Went to see Def Leppard at the SSE Arena in Belfast last night. Absolutely fantastic concert. The guy were on excellent form, and an obvious cheer when Vivian Campbell (from Belfast) was introduced as the newest member of the band.

Anyone else going?

Cheers

Cooks































Sent from my SM-G950F using Tapatalk


----------



## muzzer (Feb 13, 2011)

Haven't seen them since the Sheffield show back in the day but first saw them when Pete Willis was still in the band.


----------



## Kerr (Mar 27, 2012)

You're showing your age now. :lol:

I wonder how many sets of false teeth they find each night?


----------



## GSD (Feb 6, 2011)

Jeez I saw them in The Penthouse Sheffield before they had a record deal.


----------



## RaceGlazer (Jan 10, 2007)

muzzer said:


> Haven't seen them since the Sheffield show back in the day but first saw them when Pete Willis was still in the band.

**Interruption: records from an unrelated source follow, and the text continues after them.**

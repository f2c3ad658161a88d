-- ===== src/Migration/Deferred/Tests.antt =====
-- An upgrade whose restart was put off, and the restart that migrates its config.
use droid_proxy.Prelude.{
  ◌≡◌, refl, Bool, true, false, ◌&&◌, Option, none, some, List, [], ◌∷◌, String, map, str_eq,
}
use droid_proxy.Samples.{plain_go}
use droid_proxy.Prelude.Maps.{lookup}
use droid_proxy.Prelude.Numbers.{pos}
use droid_proxy.Migration.World.{World, Answer, succeeds, fails, File, Outcome, ok}
use droid_proxy.Migration.Transaction.{Plan, Setting}
use droid_proxy.Migration.Deferred.{
  Deferred, Provenance, ProvenanceFile, absent, stored, RestartOptions, Managed, skipped,
  attempt_deferred_migration, record_deferred_provenance, read_hash_for_provenance,
  resolve_service_kind,
}
use droid_proxy.Migration.Deferred.Consumption.{IsGuarded, attempt_deferred_migration-IsGuarded}

abbrev file_of : String → File
file_of content = record {
  content = content;
  mode = 384;
  is_symlink = false;
  is_regular = true;
  is_owned = true;
  has_link_above = false;
  is_readable = true;
}

abbrev upgraded : List Answer → World
upgraded answers = record {
  files =
      ("/home/config.yaml", file_of "port: 8787")
      ∷ ("/usr/bin/proxy", file_of "binary 2")
      ∷ ("/etc/proxy.service", file_of "unit")
      ∷ [];
  private_files = [];
  journals = [];
  answers = answers;
  clock = "2026-01-01T00:00:00Z";
}

abbrev upgrade : Provenance
upgrade = record {
  old_binary_path = "/usr/bin/proxy";
  old_binary_hash = "binary 1";
  old_binary_version = "1";
  installed_binary_path = "/usr/bin/proxy";
  installed_binary_hash = read_hash_for_provenance plain_go (upgraded []) "/usr/bin/proxy";
  installed_binary_version = "2";
  service_kind = resolve_service_kind false true true;
  service_def_path = "/etc/proxy.service";
  service_def_hash = "unit";
  background_daemon_pid = pos 0;
  background_daemon_exe = "";
  config_path = "/home/config.yaml";
  config_hash = "port: 8787";
  created_at = "";
}

-- The restart is put off: the record of the upgrade is written.
abbrev put_off : List Answer → Deferred
put_off answers =
    (record_deferred_provenance upgrade
      (record { world = upgraded answers; provenance = absent })).1

abbrev plan : Plan
plan = record {
  config_path = "/home/config.yaml";
  config_eligible = true;
  config_raw = "port: 8787";
  staged_config = some "port: 9787";
  host = "127.0.0.1";
  old_port = pos 8787;
  new_port = pos 9787;
  factory_path = "/home/settings.json";
  factory_present = false;
  factory_changes = 0;
  factory_unsafe = false;
  factory_raw = none;
  staged_factory = none;
}

abbrev setting : Setting
setting = record {
  root = "/state";
  tx_id = "20260101-000000-abcdef-0000000001";
  destination_free = true;
}

abbrev options : RestartOptions
options = record {
  config_path = "/home/config.yaml";
  installed_binary_path = "/usr/bin/proxy";
  no_migrate_port = false;
}

abbrev attempted : Deferred → Outcome Managed × Deferred
attempted = attempt_deferred_migration plain_go setting options (λ w. some plan)

abbrev contents : Outcome Managed × Deferred → List String
contents r = map (λ e. e.1.content) r.1.world.files

test_migrated : contents (attempted (put_off [])) ≡ "port: 9787" ∷ "binary 2" ∷ "unit" ∷ []
unfolding attempt_deferred_migration droid_proxy.Migration.Deferred.lift
    droid_proxy.Migration.World.effect record_deferred_provenance resolve_service_kind
    droid_proxy.Migration.Deferred.write_provenance droid_proxy.Migration.Deferred.read_provenance
    droid_proxy.Migration.Deferred.migrate_recorded
    droid_proxy.Migration.Deferred.validate_provenance read_hash_for_provenance lookup
    droid_proxy.Migration.Deferred.is_service_valid droid_proxy.Migration.Deferred.migrate_planned
    droid_proxy.Migration.Transaction.commit_transaction
    droid_proxy.Migration.Recovery.recover_incomplete droid_proxy.Migration.Journal.list_journals
    droid_proxy.Migration.Journal.read_journals droid_proxy.Migration.Deferred.consume_provenance
    droid_proxy.Migration.Recovery.abort droid_proxy.Migration.Recovery.finish
    droid_proxy.Migration.Recovery.recover_each droid_proxy.Migration.Recovery.recover_from
    droid_proxy.Migration.Recovery.recover_one droid_proxy.Migration.Recovery.recover_split_forward
    droid_proxy.Migration.Recovery.roll_forward droid_proxy.Migration.Targets.assess_target
    droid_proxy.Migration.Targets.cleanup_staged_files droid_proxy.Migration.Targets.commit_target
    droid_proxy.Migration.Targets.prepare_target droid_proxy.Migration.Targets.targets
    droid_proxy.Migration.Transaction.begin_transaction
    droid_proxy.Migration.Transaction.check_destination
    droid_proxy.Migration.Transaction.commit_plan droid_proxy.Migration.Transaction.commit_step
    droid_proxy.Migration.Transaction.commit_targets droid_proxy.Migration.Transaction.has_changes
    droid_proxy.Migration.Transaction.mark_complete droid_proxy.Migration.Transaction.prepare
    droid_proxy.Migration.Transaction.prepare_factory droid_proxy.Migration.Transaction.prepare_raw
    droid_proxy.Migration.Transaction.refuse_destination droid_proxy.Migration.Transaction.run
    droid_proxy.Migration.Transaction.stage droid_proxy.Migration.Transaction.stage_factory
    droid_proxy.Migration.World.check_target_trust droid_proxy.Migration.World.hash_file
    droid_proxy.Migration.World.ignore droid_proxy.Migration.World.read_private
    droid_proxy.Migration.World.remove droid_proxy.Migration.World.write_file_preserving_mode
    droid_proxy.Migration.World.write_journal droid_proxy.Migration.World.write_private_file
    droid_proxy.Prelude.Maps.erase droid_proxy.Prelude.Maps.insert droid_proxy.Prelude.Sort.place
    droid_proxy.Prelude.Sort.sort droid_proxy.Prelude.Texts.str_ltb
test_migrated = refl

test_consumed : (attempted (put_off [])).1.provenance ≡ absent
unfolding attempt_deferred_migration droid_proxy.Migration.Deferred.lift
    droid_proxy.Migration.World.effect record_deferred_provenance resolve_service_kind
    droid_proxy.Migration.Deferred.write_provenance droid_proxy.Migration.Deferred.read_provenance
    droid_proxy.Migration.Deferred.migrate_recorded
    droid_proxy.Migration.Deferred.validate_provenance read_hash_for_provenance lookup
    droid_proxy.Migration.Deferred.is_service_valid droid_proxy.Migration.Deferred.migrate_planned
    droid_proxy.Migration.Transaction.commit_transaction
    droid_proxy.Migration.Recovery.recover_incomplete droid_proxy.Migration.Journal.list_journals
    droid_proxy.Migration.Journal.read_journals droid_proxy.Migration.Deferred.consume_provenance
    droid_proxy.Migration.Recovery.abort droid_proxy.Migration.Recovery.finish
    droid_proxy.Migration.Recovery.recover_each droid_proxy.Migration.Recovery.recover_from
    droid_proxy.Migration.Recovery.recover_one droid_proxy.Migration.Recovery.recover_split_forward
    droid_proxy.Migration.Recovery.roll_forward droid_proxy.Migration.Targets.assess_target
    droid_proxy.Migration.Targets.cleanup_staged_files droid_proxy.Migration.Targets.commit_target
    droid_proxy.Migration.Targets.prepare_target droid_proxy.Migration.Targets.targets
    droid_proxy.Migration.Transaction.begin_transaction
    droid_proxy.Migration.Transaction.check_destination
    droid_proxy.Migration.Transaction.commit_plan droid_proxy.Migration.Transaction.commit_step
    droid_proxy.Migration.Transaction.commit_targets droid_proxy.Migration.Transaction.has_changes
    droid_proxy.Migration.Transaction.mark_complete droid_proxy.Migration.Transaction.prepare
    droid_proxy.Migration.Transaction.prepare_factory droid_proxy.Migration.Transaction.prepare_raw
    droid_proxy.Migration.Transaction.refuse_destination droid_proxy.Migration.Transaction.run
    droid_proxy.Migration.Transaction.stage droid_proxy.Migration.Transaction.stage_factory
    droid_proxy.Migration.World.check_target_trust droid_proxy.Migration.World.hash_file
    droid_proxy.Migration.World.ignore droid_proxy.Migration.World.read_private
    droid_proxy.Migration.World.remove droid_proxy.Migration.World.write_file_preserving_mode
    droid_proxy.Migration.World.write_journal droid_proxy.Migration.World.write_private_file
    droid_proxy.Prelude.Maps.erase droid_proxy.Prelude.Maps.insert droid_proxy.Prelude.Sort.place
    droid_proxy.Prelude.Sort.sort droid_proxy.Prelude.Texts.str_ltb
test_consumed = refl

-- The config is edited after the upgrade.
abbrev edited : Deferred
edited = record (put_off []) {
  world = record (put_off []).world {
    files = ("/home/config.yaml", file_of "port: 8888") ∷ (upgraded []).files;
  };
}

test_edited : attempted edited ≡ (ok skipped, edited)
unfolding attempt_deferred_migration droid_proxy.Migration.Deferred.lift
    droid_proxy.Migration.World.effect record_deferred_provenance resolve_service_kind
    droid_proxy.Migration.Deferred.write_provenance droid_proxy.Migration.Deferred.read_provenance
    droid_proxy.Migration.Deferred.migrate_recorded
    droid_proxy.Migration.Deferred.validate_provenance read_hash_for_provenance lookup
    droid_proxy.Migration.Deferred.is_service_valid
test_edited = refl

attempt_deferred_migration-IsGuarded_example :
    IsGuarded plain_go options (λ w. some plan) (put_off []) (attempted (put_off []))
attempt_deferred_migration-IsGuarded_example =
    attempt_deferred_migration-IsGuarded plain_go setting options (λ w. some plan) (put_off [])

Was that at Don Valley Stadium ? I saw them there. Now looking where I can see them - thanks OP for the heads up


----------



## muzzer (Feb 13, 2011)

RaceGlazer said:


> Was that at Don Valley Stadium ? I saw them there. Now looking where I can see them - thanks OP for the heads up


Yes it was and they are headlining Friday at Download this year apparently. Sadly i will still be on holiday in Spain when they play.


----------



## Cookies (Dec 10, 2008)

Kerr said:


> You're showing your age now.
> 
> I wonder how many sets of false teeth they find each night?

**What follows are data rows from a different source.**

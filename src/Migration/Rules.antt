-- ===== src/Migration/Rules.antt =====
-- Reasoning about the writes of a migration: what holds after a run under any answers of the system,
-- and what a run does when every write is done. internal/migration/transaction.go.
use droid_proxy.Prelude.{
  ◌≡◌, ◌≢◌, refl, ◌∙◌, All, List, [], ◌∷◌, String, str_eq, eq_iff, arith, inl, inr, Bool-cases,
}
use droid_proxy.Prelude.Maps.{string_eq, lookup, erase}
use droid_proxy.Migration.World.{
  Target, Answer, succeeds, fails, dies, Record, World, Outcome, ok, err, crashed, M, answered,
  forgive, then_run, effect, ignore, remove,
}
use droid_proxy.Migration.Targets.{targets, remove_staged, cleanup_staged_files}

-- `Q` of the result, or `E` after an error or the end of the process.
abbrev pub Post :
    {A : Type 0} → (A → World → Type 0) → (World → Type 0) → Outcome A × World → Type 0
Post Q E (ok a, w) = Q a w
Post Q E (err e, w) = E w
Post Q E (crashed, w) = E w

pub bind-Post :
    {A B : Type 0} (Q : A → World → Type 0) (R : B → World → Type 0) (E : World → Type 0)
    (f : A → M B) (x : Outcome A × World)
    → Post Q E x
    → ((a : A) (v : World) → Q a v → Post R E (f a v))
    → Post R E (then_run f x)
bind-Post Q R E f (ok a, w) h k = k a w h
bind-Post Q R E f (err e, w) h k = h
bind-Post Q R E f (crashed, w) h k = h

pub effect-Post :
    (Q : Unit {0} → World → Type 0) (E : World → Type 0) (change : World → World) (w : World)
    → ((rest : List Answer) → Q tt (change (record w { answers = rest })))
    → ((rest : List Answer) → E (record w { answers = rest }))
    → Post Q E (effect change w)
unfolding effect
effect-Post Q E change w done stays = go w.answers (done w.answers)
  where
    go : (rest : List Answer) → Q tt (change w) → Post Q E (answered change w rest)
    go [] h = h
    go (succeeds ∷ rest) h = done rest
    go (fails ∷ rest) h = stays rest
    go (dies ∷ rest) h = stays rest

pub ignore-Post :
    (P E : World → Type 0) (m : M (Unit {0})) (w : World)
    → ((v : World) → P v → E v)
    → Post (λ u. P) P (m w)
    → Post (λ u. P) E (ignore m w)
unfolding ignore
ignore-Post P E m w weaken h = go (m w) h
  where
    go : (x : Outcome (Unit {0}) × World) → Post (λ u. P) P x → Post (λ u. P) E (forgive x)
    go (ok a, v) k = k
    go (err e, v) k = k
    go (crashed, v) k = weaken v k

pub Post-mono :
    {A : Type 0} (Q R : A → World → Type 0) (E F : World → Type 0) (x : Outcome A × World)
    → ((a : A) (v : World) → Q a v → R a v)
    → ((v : World) → E v → F v)
    → Post Q E x
    → Post R F x
Post-mono Q R E F (ok a, v) k l h = k a v h
Post-mono Q R E F (err e, v) k l h = l v h
Post-mono Q R E F (crashed, v) k l h = l v h

pub post_both :
    {A : Type 0} (P : World → Type 0) (x : Outcome A × World) → Post (λ u. P) P x → P x.1
post_both P (ok a, v) h = h
post_both P (err e, v) h = h
post_both P (crashed, v) h = h

-- What does not depend on the private files and the answers outlives the removal of staged files.
pub remove_staged-Post :
    (P : World → Type 0)
    → ((v : World) (m : List (String × String)) (rest : List Answer)
        → P v
        → P (record v { private_files = m; answers = rest }))
    → (ts : List Target) (w : World) → P w
    → Post (λ u. P) P (remove_staged ts w)
unfolding remove
remove_staged-Post P keep [] w h = h
remove_staged-Post P keep (t ∷ ts) w h = elim (Bool-cases (str_eq t.staged_path "")) [
  | inl e ↦ rw e (remove_staged-Post P keep ts w h)
  | inr e ↦ rw e (
      bind-Post (λ u. P) (λ u. P) P (λ u. remove_staged ts) _
        (ignore-Post P P _ w (λ v k. k)
          (effect-Post (λ u. P) P _ w (λ rest. keep w (erase t.staged_path w.private_files) rest h)
            (λ rest. keep w w.private_files rest h)))
        (λ u v k. remove_staged-Post P keep ts v k))
]

-- A world in which every write to come is done.
abbrev pub quiet : World → World
quiet w = record w { answers = [] }

erase_other :
    (k j : String) (m : List (String × String)) → k ≢ j → lookup j (erase k m) ≡ lookup j m
unfolding lookup erase
erase_other k j [] d = refl
erase_other k j ((i, v) ∷ m) d =
    ground (arith, d, eq_iff i k, eq_iff i j, eq_iff k j, erase_other k j m d)

-- What a removal of staged files leaves: the private files that are none of them are kept.
abbrev pub Removed : List Target → M (Unit {0}) → World → Type 0
Removed ts m w =
    (after : List (String × String)) × (m (quiet w)
      ≡ (ok tt, quiet (record w { private_files = after })))
    × ((p : String) → All (λ t. t.staged_path ≢ p) ts → lookup p after ≡ lookup p w.private_files)

remove_staged-quiet : (ts : List Target) (w : World) → Removed ts (remove_staged ts) w
unfolding remove effect ignore
remove_staged-quiet [] w = (w.private_files, refl, λ p h. refl)
remove_staged-quiet (t ∷ ts) w = elim (Bool-cases (str_eq t.staged_path "")) [
  | inl e ↦ let (m, h, k) = remove_staged-quiet ts w in (m, rw e h, λ p o. k p o.1)
  | inr e ↦
      let (m, h, k) =
        remove_staged-quiet ts (record w { private_files = erase t.staged_path w.private_files }) in
      (m, rw e h, λ p o. k p o.1 ∙ erase_other t.staged_path p w.private_files o.0)
]

pub cleanup_quiet : (r : Record) (w : World) → Removed (targets r) (cleanup_staged_files r) w
unfolding cleanup_staged_files
cleanup_quiet r w = remove_staged-quiet (targets r) w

Now that's just nasty lol. I put mine in my pocket though, just for safe keeping.

In all seriousness, the demographic was a lot younger than I'd have imagined.

Really great night.

Cooks

Sent from my SM-G950F using Tapatalk


----------



## Caledoniandream (Oct 9, 2009)

We are going the 15th of this month to Liverpool Arena to see them.
Looking forward to see them again!


----------



## Nozza (Mar 1, 2006)

seeing them on Thursday at the O2 arena in London, last of the big bands who I want to see since I was young.


----------